Work instruction: Counting only the lines below that contain the word "IsTrusted", what is the total? Give it with no other words.

■ ■ ■ ■ ■

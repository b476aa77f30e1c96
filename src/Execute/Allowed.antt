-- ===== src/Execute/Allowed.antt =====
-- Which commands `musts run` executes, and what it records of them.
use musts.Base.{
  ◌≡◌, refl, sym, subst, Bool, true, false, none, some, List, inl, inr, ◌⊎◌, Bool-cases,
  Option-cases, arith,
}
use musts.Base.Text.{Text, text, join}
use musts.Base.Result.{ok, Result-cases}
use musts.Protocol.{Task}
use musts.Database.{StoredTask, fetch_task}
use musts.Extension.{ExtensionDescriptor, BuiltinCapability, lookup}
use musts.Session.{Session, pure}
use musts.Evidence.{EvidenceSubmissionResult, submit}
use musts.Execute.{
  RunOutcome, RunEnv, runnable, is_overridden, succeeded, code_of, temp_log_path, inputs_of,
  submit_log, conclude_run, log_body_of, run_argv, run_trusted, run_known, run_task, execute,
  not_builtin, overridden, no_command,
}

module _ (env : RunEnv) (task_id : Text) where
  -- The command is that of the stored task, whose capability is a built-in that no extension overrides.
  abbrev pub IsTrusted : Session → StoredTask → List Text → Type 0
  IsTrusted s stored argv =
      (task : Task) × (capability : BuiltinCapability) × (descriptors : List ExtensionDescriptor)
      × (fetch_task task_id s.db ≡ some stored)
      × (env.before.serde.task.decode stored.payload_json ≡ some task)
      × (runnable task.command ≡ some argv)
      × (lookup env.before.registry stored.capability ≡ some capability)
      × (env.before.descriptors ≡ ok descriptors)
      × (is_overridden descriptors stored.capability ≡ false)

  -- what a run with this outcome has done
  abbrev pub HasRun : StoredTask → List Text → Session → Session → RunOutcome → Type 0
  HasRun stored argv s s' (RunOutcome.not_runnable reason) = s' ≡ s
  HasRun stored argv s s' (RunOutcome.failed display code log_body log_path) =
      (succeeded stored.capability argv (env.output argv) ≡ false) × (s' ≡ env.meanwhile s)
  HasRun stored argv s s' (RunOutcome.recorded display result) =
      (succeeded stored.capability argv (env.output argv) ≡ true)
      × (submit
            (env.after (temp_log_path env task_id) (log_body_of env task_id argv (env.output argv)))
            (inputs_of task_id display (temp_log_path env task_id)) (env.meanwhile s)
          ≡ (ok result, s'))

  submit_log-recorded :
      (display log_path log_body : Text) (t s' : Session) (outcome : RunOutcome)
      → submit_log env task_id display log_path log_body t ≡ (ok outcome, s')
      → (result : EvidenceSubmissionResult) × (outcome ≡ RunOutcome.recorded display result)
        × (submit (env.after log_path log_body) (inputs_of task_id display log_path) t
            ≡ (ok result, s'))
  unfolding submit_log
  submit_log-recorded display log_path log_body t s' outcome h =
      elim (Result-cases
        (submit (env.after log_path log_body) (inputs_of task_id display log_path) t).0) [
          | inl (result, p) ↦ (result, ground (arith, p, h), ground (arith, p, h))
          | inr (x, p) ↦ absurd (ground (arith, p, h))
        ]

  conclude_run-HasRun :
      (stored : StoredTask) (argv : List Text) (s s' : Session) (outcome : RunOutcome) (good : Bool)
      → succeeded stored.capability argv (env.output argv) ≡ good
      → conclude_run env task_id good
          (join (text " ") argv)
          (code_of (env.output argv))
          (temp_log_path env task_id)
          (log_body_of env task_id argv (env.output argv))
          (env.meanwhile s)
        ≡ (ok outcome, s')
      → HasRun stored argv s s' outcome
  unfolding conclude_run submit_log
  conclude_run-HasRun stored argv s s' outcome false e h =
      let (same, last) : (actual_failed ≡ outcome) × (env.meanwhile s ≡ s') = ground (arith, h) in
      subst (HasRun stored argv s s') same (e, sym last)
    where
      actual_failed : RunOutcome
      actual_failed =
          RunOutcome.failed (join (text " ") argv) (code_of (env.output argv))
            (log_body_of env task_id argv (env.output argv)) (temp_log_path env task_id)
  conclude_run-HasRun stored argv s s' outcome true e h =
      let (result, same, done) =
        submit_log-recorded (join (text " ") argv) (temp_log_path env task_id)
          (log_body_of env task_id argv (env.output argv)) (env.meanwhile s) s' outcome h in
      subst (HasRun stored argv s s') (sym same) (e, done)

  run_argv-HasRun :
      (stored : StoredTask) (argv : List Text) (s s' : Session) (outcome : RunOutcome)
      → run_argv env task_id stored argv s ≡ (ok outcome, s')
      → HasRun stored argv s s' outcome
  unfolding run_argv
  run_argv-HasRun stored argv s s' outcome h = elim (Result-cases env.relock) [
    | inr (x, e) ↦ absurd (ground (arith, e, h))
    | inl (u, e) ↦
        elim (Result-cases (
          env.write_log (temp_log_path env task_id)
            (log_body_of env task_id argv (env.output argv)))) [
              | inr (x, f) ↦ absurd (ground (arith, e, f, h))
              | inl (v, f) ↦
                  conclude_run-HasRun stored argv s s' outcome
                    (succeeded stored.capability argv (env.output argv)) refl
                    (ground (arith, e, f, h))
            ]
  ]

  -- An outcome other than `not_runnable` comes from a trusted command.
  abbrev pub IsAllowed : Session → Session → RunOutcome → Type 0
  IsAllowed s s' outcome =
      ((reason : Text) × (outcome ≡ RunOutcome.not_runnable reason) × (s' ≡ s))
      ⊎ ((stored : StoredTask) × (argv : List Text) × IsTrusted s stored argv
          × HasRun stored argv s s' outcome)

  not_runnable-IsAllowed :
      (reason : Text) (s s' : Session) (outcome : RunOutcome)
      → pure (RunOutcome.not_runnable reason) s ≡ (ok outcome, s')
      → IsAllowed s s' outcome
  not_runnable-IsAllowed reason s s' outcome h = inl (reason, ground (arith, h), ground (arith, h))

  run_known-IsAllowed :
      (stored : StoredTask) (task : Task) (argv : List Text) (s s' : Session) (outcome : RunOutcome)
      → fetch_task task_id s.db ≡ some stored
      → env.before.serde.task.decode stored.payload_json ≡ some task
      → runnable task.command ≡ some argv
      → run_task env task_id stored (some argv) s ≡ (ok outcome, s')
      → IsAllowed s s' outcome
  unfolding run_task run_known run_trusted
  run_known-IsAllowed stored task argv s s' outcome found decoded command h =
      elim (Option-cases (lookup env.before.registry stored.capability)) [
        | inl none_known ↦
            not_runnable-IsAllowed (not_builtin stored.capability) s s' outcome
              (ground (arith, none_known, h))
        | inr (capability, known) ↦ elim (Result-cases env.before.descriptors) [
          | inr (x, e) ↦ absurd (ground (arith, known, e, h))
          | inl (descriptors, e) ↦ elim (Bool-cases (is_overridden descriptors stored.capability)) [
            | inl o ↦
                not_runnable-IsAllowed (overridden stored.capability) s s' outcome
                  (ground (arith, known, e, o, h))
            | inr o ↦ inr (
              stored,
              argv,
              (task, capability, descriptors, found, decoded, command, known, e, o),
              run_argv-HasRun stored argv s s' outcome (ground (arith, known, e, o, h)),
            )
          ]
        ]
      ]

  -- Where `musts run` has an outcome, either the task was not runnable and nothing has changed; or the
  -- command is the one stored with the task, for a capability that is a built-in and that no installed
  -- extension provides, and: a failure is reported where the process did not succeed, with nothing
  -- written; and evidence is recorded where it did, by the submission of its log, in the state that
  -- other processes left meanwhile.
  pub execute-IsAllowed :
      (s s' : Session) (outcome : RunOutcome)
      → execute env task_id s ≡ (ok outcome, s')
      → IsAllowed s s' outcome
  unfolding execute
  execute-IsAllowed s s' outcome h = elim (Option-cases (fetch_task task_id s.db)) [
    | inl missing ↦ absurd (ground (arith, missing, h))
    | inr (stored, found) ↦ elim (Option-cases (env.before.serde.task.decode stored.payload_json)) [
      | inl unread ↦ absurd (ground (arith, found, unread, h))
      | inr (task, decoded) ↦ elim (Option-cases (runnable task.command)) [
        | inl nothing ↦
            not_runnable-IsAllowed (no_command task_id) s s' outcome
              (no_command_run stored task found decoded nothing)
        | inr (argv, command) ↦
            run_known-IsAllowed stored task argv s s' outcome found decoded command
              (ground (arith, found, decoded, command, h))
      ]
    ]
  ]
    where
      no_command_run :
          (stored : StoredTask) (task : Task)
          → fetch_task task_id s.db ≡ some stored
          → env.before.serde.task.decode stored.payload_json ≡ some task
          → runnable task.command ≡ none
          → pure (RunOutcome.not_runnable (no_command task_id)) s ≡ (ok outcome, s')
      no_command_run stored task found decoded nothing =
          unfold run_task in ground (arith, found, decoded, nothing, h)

■ ■ ■ ■ ■

Answer to this problem: 3